However, I later realized the number of conjectures you can write down is also countable.

What am I missing?

-
Nope. There are countably many statements in mathematics, and countably many proofs. Goedel's result has nothing to do with countability. –  Thomas Andrews Aug 9 '12 at 16:32
What Goedel found was a way to encode a statement about number theory proofs in number theory that essentially says, "This statement has no proof in this axiom system." –  Thomas Andrews Aug 9 '12 at 16:35
What are you missing? Perhaps a reading of Godel's paper. Or a good modern treatment. The "popular" discussion is not going to give you understanding of this. For example, Godel's paper does not mention ZF. –  GEdgar Aug 9 '12 at 17:21

There is nothing about countability or uncountability in Gödel's proof. All the sets of statements and proofs are assumed to be countable.

There is a logical relationship between what Gödel did and how Cantor showed some sets were "uncountable" - they are both what we call "diagonal arguments." Diagonal arguments crop up in lots of logic, especially when we are talking about the limits of what we can do with formal systems.

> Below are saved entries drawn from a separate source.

-- ===== src/TacticalMap/Preview/Accepts.antt =====
-- app/map: the frames of `BuildFrame` in `RenderPreview`.
use tac_os.Base.{
  ℕ, ◌≡◌, refl, ℤ, pos, int_eq_refl, int_ltb, is_positive, true, false, bytes_eq, List, [], ◌∷◌,
  All, some,
}
use tac_os.TacticalMap.Config.{Geo, Config, Target}
use tac_os.TacticalMap.Frame.{
  Command, Marker, built, circles, alpha, draw_circle, draw_image, build_frame, rgba,
}
use tac_os.TacticalMap.Frame.Shape.{IsProjected, all_circles, frame_commands, build_frame-IsFrame}
use tac_os.TacticalMap.Preview.{
  Drawing, Png, decoded, Preview, Rendered, rendered, on_begin, on_image, on_png, on_circle,
  on_command, preview_step, then_previews, previews, on_valid, render_preview,
}
use tac_os.TacticalMap.Projection.Inside.{IsInside, Rounding, project-IsInside}
use tac_os.WindowManager.Protocol.{Color}

-- The drawing is done.
abbrev pub IsRendered : {C : Type 0} → Rendered C → Type 0
IsRendered {C} r = (c : C) × (r ≡ rendered c)

module _ {F C I : Type 0} (drawing : Drawing C I) (cfg : Config F) where
  -- between BEGIN_FRAME and PRESENT
  abbrev running : C → Preview C
  running c = record { started = true; presented = false; canvas = c }

  on_circle-IsInside :
      (x y : ℤ) (radius : ℕ) (color : Color) (c : C)
      → is_positive (pos radius) ≡ true
      → int_ltb (pos 128) (pos radius) ≡ false
      → IsInside x cfg.width
      → IsInside y cfg.height
      → on_circle drawing cfg (running c) (pos radius) (some x) (some y) (some color)
        ≡ rendered (running (tac_os.TacticalMap.Preview.draw_circle drawing x y radius color c))
  unfolding on_circle
  on_circle-IsInside x y radius color c more less ix iy =
      rw (more, less, ix.not_before, ix.before_end, iy.not_before, iy.before_end) refl

  circle_step :
      (x y : ℤ) (radius : ℕ) (color : Color) (c : C) (rest : List Command)
      → is_positive (pos radius) ≡ true
      → int_ltb (pos 128) (pos radius) ≡ false
      → IsInside x cfg.width
      → IsInside y cfg.height
      → ((d : C) → IsRendered (previews drawing cfg rest (running d)))
      → IsRendered (previews drawing cfg (draw_circle x y radius color ∷ rest) (running c))
  unfolding previews preview_step on_command then_previews bytes_eq
  circle_step x y radius color c rest more less ix iy h =
      rw (on_circle-IsInside x y radius color c more less ix iy) (h _)

module _ {F C I : Type 0} ⦃geo : Geo F⦄ (drawing : Drawing C I) (cfg : Config F) where
  abbrev IsOnMap : Marker F → Type 0
  IsOnMap m = IsInside m.x cfg.width × IsInside m.y cfg.height

  circles_IsRendered :
      (ms : List (Marker F)) (c : C)
      → All IsOnMap ms
      → IsRendered (previews drawing cfg (all_circles ms) (running drawing cfg c))
  unfolding previews preview_step on_command then_previews bytes_eq circles
  circles_IsRendered [] c a = (c, refl)
  circles_IsRendered (m ∷ ms) c ((ix, iy), a) =
      let small : Command = draw_circle m.x m.y 10 (rgba 196 72 48 (alpha m.target.probability)) in
      circle_step drawing cfg m.x m.y 13 (rgba 255 255 255 255) c (small ∷ all_circles ms) refl
        (unfold int_ltb in refl) ix iy
        λ d.
          circle_step drawing cfg m.x m.y 10 (rgba 196 72 48 (alpha m.target.probability)) d
            (all_circles ms) refl (unfold int_ltb in refl) ix iy λ e. circles_IsRendered ms e a

  on_image-decoded :
      (p : Preview C) (image : I)
      → drawing.open_png cfg.image ≡ decoded image cfg.width cfg.height
      → on_image drawing cfg p (draw_image cfg) (some (pos 0)) (some (pos 0))
        ≡ rendered (record p { canvas = drawing.draw_over image p.canvas })
  unfolding on_image on_png
  on_image-decoded p image e =
      rw
        (
          int_eq_refl cfg.width,
          int_eq_refl cfg.height,
          e,
          int_eq_refl cfg.width,
          int_eq_refl cfg.height,
        )
        refl

  frame_IsRendered :
      (ms : List (Marker F)) (c : C) (image : I)
      → drawing.open_png cfg.image ≡ decoded image cfg.width cfg.height
      → All IsOnMap ms
      → IsRendered (
          previews drawing cfg
            (frame_commands cfg ms)
            (record { started = false; presented = false; canvas = c }))
  unfolding previews preview_step on_command then_previews bytes_eq on_begin
  frame_IsRendered ms c image e a =
      rw (on_image-decoded (running drawing cfg (drawing.fill (rgba 225 232 213 255) c)) image e)
        (circles_IsRendered ms (drawing.draw_over image (drawing.fill (rgba 225 232 213 255) c)) a)

  on_map : (ms : List (Marker F)) → Rounding F → All (IsProjected cfg) ms → All IsOnMap ms
  on_map [] rounding a = tt
  on_map (m ∷ ms) rounding (p, a) = (
    project-IsInside rounding cfg.bounds cfg.width cfg.height m.target.latitude m.target.longitude
        p,
    on_map ms rounding a,
  )

  -- The local preview renders every frame that `BuildFrame` makes: no command is refused, if the PNG of
  -- the configuration is read and has the size that the configuration gives.
  pub render_preview-build_frame :
      (ts : List (Target F)) {cs : List Command} {ms : List (Marker F)} {image : I}
      → Rounding F
      → build_frame cfg ts ≡ built (cs, ms)
      → drawing.open_png cfg.image ≡ decoded image cfg.width cfg.height
      → IsRendered (render_preview drawing cfg cs)
  unfolding render_preview on_valid
  render_preview-build_frame ts {ms} {image} rounding h e =
      let f = build_frame-IsFrame cfg ts h in
      rw (f.config_valid, f.commands)
        (frame_IsRendered ms (drawing.blank cfg.width cfg.height) image e
          (on_map ms rounding f.projected))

The grandfather of the diagonal argument is Russell's paradox. It essentially forces us to realize that we cannot talk about "the collection of everything" in a naive way and not get a paradox. It has a strong relation to the statement, "This statement is false," which clearly cannot be assigned a truth value.

Gödel was able to show that if a (finitely describable) system of axioms was complicated enough to contain arithmetic, then it was complicated enough to talk about proofs in itself, and, in particular, to write a statement that says, "This statement has no proof in the X axiom system." If this statement had a proof, then we'd be able to disprove it, as well. If the statement has no proof, then it is true.

One way to think of it is in terms of something called "computability." The set of provable statements in an axiom system is "recursively enumerable." But if all theorems are decidable by proofs, then the set of provable statements and the set of disprovable statements comprise all statements, and, if the theory is consistent, they are disjoint. A recursively enumerable set whose complement is also r.e. is necessarily "recursive." Gödel essentially proved that this cannot be.

(Note that in computability theory, the distinction between "recursive" and "not recursive" is much like the set theory distinction between "countable" and "uncountable.")

-
You describe Russell's paradox as the "grandfather" of the diagonal argument, but it seems to me that this designation should go to Cantor. After all, Cantor published his diagonal argument in 1891, and Russell's paradox came in 1901, surely with knowledge of Cantor's method. –  JDH Aug 10 '12 at 2:02

Gödels theorem is about arithmetic, and systems like ZF that extend it, but mostly about arithmetic.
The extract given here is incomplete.